Exercise materials:

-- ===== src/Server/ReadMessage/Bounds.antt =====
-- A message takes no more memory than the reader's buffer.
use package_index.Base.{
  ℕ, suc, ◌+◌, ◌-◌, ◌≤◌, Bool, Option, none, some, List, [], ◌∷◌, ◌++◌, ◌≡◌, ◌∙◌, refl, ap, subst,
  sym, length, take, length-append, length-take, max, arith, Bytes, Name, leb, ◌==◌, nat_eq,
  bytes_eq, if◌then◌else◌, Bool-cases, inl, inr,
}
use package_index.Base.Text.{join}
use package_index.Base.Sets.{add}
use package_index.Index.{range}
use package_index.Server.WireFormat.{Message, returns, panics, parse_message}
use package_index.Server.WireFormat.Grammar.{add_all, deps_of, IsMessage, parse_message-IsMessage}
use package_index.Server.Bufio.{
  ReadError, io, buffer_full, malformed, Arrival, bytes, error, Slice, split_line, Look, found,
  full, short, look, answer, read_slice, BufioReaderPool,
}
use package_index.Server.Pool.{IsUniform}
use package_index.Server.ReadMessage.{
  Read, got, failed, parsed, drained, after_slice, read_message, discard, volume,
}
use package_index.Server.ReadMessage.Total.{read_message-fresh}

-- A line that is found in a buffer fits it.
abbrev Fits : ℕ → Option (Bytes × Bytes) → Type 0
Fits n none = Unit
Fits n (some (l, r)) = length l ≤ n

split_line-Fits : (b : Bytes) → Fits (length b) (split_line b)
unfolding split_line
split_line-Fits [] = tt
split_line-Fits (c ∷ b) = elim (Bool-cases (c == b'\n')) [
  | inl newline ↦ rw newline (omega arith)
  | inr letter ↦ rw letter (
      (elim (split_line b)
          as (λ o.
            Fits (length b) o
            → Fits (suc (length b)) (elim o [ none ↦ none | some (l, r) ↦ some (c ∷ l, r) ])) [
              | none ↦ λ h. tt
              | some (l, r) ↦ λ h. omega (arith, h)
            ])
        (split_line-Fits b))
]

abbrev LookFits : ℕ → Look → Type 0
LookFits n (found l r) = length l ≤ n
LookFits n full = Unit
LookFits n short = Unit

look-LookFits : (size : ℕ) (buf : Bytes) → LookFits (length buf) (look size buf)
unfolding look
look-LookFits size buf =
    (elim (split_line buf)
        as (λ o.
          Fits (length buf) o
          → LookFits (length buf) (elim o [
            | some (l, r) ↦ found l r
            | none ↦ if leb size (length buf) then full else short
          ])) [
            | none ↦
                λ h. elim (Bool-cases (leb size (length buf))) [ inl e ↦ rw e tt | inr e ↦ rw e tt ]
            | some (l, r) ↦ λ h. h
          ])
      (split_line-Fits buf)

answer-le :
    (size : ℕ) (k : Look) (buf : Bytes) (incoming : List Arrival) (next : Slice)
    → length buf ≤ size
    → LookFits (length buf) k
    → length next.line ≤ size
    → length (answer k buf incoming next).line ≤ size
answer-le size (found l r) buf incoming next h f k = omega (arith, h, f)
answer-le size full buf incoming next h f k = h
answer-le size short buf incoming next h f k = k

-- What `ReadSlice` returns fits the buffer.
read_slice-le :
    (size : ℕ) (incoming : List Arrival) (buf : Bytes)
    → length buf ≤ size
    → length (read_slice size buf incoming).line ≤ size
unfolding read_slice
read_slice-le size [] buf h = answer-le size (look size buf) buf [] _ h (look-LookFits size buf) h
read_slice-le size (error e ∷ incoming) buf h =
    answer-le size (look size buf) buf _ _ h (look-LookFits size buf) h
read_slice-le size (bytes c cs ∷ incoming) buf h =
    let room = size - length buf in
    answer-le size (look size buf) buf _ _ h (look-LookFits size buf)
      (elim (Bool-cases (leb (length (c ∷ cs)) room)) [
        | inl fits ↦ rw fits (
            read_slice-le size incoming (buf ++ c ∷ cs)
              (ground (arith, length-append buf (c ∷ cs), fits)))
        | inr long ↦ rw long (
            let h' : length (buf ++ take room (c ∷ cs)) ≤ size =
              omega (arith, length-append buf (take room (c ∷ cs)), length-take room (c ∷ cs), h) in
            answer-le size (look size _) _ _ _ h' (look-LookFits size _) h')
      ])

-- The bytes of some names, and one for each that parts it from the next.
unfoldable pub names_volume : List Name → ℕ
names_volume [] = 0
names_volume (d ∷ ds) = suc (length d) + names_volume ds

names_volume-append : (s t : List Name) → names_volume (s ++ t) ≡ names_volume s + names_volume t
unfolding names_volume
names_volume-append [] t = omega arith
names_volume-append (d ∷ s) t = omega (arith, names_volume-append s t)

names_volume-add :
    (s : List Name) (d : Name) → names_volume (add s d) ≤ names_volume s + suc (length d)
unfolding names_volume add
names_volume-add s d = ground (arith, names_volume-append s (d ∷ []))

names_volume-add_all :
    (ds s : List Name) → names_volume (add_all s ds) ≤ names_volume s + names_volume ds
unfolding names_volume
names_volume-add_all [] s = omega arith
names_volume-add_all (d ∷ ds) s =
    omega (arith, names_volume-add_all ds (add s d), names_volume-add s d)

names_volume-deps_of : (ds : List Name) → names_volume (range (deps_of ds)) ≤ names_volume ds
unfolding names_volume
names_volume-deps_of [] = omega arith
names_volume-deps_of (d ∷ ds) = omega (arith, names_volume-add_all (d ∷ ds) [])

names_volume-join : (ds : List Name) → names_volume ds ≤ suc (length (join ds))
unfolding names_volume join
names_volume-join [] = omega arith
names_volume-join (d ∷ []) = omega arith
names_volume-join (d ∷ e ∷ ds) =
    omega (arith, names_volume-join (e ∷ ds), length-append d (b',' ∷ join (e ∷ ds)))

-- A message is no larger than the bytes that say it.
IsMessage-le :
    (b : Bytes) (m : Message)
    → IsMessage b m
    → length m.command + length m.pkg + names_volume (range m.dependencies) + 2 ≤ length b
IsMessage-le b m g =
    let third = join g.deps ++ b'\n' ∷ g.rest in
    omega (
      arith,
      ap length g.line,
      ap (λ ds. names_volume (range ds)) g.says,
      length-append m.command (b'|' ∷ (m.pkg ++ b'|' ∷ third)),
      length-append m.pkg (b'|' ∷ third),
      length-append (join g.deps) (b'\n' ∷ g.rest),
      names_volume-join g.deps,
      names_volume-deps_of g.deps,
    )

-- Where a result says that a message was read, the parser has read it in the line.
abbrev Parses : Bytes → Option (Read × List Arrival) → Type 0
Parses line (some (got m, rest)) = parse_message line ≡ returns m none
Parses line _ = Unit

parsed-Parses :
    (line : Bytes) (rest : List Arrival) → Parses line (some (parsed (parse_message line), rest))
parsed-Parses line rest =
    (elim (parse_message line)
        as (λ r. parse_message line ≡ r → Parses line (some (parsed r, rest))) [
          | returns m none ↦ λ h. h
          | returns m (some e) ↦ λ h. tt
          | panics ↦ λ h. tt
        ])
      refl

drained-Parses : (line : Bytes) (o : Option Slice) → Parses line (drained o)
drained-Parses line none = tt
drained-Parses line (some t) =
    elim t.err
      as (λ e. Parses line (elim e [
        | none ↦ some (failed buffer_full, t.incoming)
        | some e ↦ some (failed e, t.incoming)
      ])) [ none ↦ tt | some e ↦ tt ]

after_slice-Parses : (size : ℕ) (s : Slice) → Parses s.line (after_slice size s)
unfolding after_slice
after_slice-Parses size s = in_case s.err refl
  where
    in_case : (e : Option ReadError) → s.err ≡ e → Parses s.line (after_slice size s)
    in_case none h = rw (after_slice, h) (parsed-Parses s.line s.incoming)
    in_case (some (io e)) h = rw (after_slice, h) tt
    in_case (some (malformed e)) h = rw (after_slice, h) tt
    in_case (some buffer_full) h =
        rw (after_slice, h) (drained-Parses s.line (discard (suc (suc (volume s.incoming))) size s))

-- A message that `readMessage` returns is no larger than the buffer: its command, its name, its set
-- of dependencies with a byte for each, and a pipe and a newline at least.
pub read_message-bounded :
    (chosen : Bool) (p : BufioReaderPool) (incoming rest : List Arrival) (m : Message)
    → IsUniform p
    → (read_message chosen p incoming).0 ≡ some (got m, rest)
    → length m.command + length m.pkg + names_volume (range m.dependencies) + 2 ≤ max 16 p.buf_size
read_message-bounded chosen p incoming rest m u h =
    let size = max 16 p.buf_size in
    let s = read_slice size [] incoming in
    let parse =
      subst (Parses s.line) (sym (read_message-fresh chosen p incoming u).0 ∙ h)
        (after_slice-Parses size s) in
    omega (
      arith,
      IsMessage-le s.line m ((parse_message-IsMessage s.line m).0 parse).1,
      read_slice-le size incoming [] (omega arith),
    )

Work task: Please retype, with no changes, the lines that run from the first line of the entries to the line with "-- A line that is found in a buffer fits it.", both ends included.

Written reply:
-- ===== src/Server/ReadMessage/Bounds.antt =====
-- A message takes no more memory than the reader's buffer.
use package_index.Base.{
  ℕ, suc, ◌+◌, ◌-◌, ◌≤◌, Bool, Option, none, some, List, [], ◌∷◌, ◌++◌, ◌≡◌, ◌∙◌, refl, ap, subst,
  sym, length, take, length-append, length-take, max, arith, Bytes, Name, leb, ◌==◌, nat_eq,
  bytes_eq, if◌then◌else◌, Bool-cases, inl, inr,
}
use package_index.Base.Text.{join}
use package_index.Base.Sets.{add}
use package_index.Index.{range}
use package_index.Server.WireFormat.{Message, returns, panics, parse_message}
use package_index.Server.WireFormat.Grammar.{add_all, deps_of, IsMessage, parse_message-IsMessage}
use package_index.Server.Bufio.{
  ReadError, io, buffer_full, malformed, Arrival, bytes, error, Slice, split_line, Look, found,
  full, short, look, answer, read_slice, BufioReaderPool,
}
use package_index.Server.Pool.{IsUniform}
use package_index.Server.ReadMessage.{
  Read, got, failed, parsed, drained, after_slice, read_message, discard, volume,
}
use package_index.Server.ReadMessage.Total.{read_message-fresh}

-- A line that is found in a buffer fits it.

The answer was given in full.